> [EXERCISE GOAL]:
Across the records, how many lines contain "contexts"? Answer with the number alone.

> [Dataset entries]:
*** Block opens ***

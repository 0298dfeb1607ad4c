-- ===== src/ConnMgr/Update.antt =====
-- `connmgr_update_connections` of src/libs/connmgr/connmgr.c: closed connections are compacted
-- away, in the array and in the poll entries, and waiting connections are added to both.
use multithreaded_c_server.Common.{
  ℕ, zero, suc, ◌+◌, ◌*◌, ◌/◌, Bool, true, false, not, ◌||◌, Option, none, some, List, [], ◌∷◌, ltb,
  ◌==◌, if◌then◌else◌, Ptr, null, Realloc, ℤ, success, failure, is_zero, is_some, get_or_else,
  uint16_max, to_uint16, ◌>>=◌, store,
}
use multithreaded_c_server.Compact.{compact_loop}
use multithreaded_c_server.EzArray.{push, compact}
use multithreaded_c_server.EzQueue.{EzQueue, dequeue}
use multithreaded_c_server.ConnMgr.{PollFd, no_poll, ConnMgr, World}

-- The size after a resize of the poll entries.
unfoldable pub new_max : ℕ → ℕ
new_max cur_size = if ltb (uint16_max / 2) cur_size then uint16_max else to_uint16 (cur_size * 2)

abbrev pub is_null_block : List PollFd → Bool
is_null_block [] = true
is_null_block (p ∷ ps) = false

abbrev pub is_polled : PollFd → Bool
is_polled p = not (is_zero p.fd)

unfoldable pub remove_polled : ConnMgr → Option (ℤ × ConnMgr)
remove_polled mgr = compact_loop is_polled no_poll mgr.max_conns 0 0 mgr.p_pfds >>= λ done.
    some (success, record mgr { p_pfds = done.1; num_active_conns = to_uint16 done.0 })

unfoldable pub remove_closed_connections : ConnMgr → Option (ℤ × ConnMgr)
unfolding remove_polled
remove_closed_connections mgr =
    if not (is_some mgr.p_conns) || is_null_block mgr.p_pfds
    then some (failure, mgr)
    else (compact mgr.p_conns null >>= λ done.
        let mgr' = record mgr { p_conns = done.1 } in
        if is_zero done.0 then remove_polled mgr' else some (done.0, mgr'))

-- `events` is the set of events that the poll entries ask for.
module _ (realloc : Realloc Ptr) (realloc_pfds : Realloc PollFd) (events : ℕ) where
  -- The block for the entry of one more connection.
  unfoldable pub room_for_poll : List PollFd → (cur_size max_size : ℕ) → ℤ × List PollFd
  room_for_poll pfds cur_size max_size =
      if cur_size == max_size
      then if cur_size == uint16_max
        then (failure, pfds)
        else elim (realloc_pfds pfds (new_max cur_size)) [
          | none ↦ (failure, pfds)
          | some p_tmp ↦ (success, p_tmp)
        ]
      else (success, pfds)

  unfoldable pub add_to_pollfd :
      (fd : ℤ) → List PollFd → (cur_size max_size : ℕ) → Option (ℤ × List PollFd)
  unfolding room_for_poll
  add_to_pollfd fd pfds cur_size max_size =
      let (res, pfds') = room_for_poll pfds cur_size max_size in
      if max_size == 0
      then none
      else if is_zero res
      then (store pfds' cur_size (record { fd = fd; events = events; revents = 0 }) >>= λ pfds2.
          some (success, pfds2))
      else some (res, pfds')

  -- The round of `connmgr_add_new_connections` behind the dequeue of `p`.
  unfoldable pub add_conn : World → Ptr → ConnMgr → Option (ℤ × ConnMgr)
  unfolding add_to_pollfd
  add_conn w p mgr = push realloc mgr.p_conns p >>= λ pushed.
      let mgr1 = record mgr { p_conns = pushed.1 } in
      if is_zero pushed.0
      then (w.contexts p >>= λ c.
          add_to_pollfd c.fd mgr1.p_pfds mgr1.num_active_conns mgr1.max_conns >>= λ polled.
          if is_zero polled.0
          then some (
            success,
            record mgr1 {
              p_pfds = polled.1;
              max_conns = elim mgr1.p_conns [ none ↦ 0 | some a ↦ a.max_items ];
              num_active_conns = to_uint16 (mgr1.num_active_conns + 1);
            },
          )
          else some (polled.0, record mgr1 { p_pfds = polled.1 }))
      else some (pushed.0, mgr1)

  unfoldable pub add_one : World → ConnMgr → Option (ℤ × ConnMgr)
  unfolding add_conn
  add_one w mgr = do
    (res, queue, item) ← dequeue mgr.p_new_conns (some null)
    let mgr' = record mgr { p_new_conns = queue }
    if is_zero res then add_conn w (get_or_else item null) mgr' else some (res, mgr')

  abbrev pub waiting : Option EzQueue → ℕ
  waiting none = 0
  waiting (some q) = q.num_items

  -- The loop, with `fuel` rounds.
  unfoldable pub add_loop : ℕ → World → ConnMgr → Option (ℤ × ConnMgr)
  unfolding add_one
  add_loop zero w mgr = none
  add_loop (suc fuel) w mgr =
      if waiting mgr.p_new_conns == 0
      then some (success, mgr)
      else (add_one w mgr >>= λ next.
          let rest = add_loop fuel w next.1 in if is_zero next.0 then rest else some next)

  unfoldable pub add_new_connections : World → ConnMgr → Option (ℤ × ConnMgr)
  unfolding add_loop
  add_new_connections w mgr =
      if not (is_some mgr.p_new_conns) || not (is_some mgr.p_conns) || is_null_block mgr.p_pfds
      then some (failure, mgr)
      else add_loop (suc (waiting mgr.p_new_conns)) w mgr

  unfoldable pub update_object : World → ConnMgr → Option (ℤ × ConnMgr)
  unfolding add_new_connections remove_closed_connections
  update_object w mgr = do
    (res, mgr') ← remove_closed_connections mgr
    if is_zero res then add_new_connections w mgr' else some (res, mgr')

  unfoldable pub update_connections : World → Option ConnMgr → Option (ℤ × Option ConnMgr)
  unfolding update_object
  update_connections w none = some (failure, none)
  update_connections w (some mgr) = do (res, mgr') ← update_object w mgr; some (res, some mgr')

*** Block closes ***
*** Block opens ***

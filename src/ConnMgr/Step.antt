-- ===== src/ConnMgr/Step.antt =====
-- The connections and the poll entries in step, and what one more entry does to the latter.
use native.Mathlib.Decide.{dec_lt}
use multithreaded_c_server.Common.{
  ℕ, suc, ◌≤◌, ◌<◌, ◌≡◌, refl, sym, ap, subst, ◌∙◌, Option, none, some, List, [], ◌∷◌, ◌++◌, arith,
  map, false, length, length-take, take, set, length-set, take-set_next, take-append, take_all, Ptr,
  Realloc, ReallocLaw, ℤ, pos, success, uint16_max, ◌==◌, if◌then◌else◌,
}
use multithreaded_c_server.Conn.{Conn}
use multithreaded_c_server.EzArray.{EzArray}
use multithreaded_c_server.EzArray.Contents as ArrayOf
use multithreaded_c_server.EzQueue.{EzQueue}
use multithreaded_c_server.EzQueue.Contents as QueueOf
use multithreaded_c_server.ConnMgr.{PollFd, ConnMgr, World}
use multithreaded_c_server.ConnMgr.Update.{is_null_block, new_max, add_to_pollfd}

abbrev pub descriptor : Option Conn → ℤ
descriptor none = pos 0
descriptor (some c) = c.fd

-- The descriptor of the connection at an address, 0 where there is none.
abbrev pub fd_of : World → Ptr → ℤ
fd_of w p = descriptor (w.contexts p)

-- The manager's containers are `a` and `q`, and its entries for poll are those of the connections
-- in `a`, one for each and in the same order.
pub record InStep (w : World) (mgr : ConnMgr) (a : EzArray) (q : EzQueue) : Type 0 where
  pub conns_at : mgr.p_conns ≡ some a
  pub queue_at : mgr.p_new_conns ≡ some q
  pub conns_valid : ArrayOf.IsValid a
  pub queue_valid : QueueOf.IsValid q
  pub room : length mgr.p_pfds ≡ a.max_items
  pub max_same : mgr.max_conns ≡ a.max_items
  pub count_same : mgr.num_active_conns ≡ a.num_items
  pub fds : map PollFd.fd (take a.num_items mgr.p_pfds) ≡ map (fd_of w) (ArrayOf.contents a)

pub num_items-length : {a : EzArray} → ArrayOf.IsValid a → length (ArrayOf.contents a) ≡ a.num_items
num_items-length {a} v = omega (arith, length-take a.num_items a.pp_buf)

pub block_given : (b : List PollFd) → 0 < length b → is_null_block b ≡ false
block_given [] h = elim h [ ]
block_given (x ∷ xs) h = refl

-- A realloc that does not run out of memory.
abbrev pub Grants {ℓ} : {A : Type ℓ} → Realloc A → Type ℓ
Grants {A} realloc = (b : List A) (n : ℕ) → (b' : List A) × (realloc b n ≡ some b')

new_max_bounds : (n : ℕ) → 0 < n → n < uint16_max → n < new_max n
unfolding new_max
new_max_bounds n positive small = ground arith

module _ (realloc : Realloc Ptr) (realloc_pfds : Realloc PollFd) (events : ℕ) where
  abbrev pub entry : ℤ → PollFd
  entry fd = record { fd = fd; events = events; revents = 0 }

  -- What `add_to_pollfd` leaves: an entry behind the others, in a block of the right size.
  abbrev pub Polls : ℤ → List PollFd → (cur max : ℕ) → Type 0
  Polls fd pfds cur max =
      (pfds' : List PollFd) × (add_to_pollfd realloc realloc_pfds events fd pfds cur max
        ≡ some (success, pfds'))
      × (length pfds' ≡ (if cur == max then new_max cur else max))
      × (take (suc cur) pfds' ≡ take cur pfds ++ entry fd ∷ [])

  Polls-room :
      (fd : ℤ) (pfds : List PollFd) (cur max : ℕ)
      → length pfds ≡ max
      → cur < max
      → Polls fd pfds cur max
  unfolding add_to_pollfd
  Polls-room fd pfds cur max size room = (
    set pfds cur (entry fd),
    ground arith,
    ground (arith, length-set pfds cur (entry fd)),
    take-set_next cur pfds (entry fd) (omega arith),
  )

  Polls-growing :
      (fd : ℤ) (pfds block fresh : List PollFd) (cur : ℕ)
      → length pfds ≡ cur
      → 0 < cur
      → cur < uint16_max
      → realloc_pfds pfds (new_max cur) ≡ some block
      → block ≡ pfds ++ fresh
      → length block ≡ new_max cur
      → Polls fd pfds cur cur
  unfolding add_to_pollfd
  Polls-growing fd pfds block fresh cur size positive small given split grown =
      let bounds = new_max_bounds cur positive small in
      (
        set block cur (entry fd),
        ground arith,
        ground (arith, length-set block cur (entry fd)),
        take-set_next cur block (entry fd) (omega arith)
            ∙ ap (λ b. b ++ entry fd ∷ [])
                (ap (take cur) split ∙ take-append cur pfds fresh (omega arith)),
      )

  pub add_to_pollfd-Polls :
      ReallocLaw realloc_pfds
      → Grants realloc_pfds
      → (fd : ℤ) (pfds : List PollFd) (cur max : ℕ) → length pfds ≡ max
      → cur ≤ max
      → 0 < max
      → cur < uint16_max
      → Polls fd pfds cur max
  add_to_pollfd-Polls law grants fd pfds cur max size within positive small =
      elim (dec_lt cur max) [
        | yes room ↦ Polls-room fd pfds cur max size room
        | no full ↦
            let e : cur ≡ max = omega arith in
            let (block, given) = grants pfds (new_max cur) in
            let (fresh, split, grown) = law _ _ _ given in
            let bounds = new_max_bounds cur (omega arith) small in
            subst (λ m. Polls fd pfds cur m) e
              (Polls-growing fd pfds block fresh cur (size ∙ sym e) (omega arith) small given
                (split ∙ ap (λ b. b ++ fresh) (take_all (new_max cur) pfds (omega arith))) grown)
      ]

*** Block closes ***

> [OUTPUT]:
2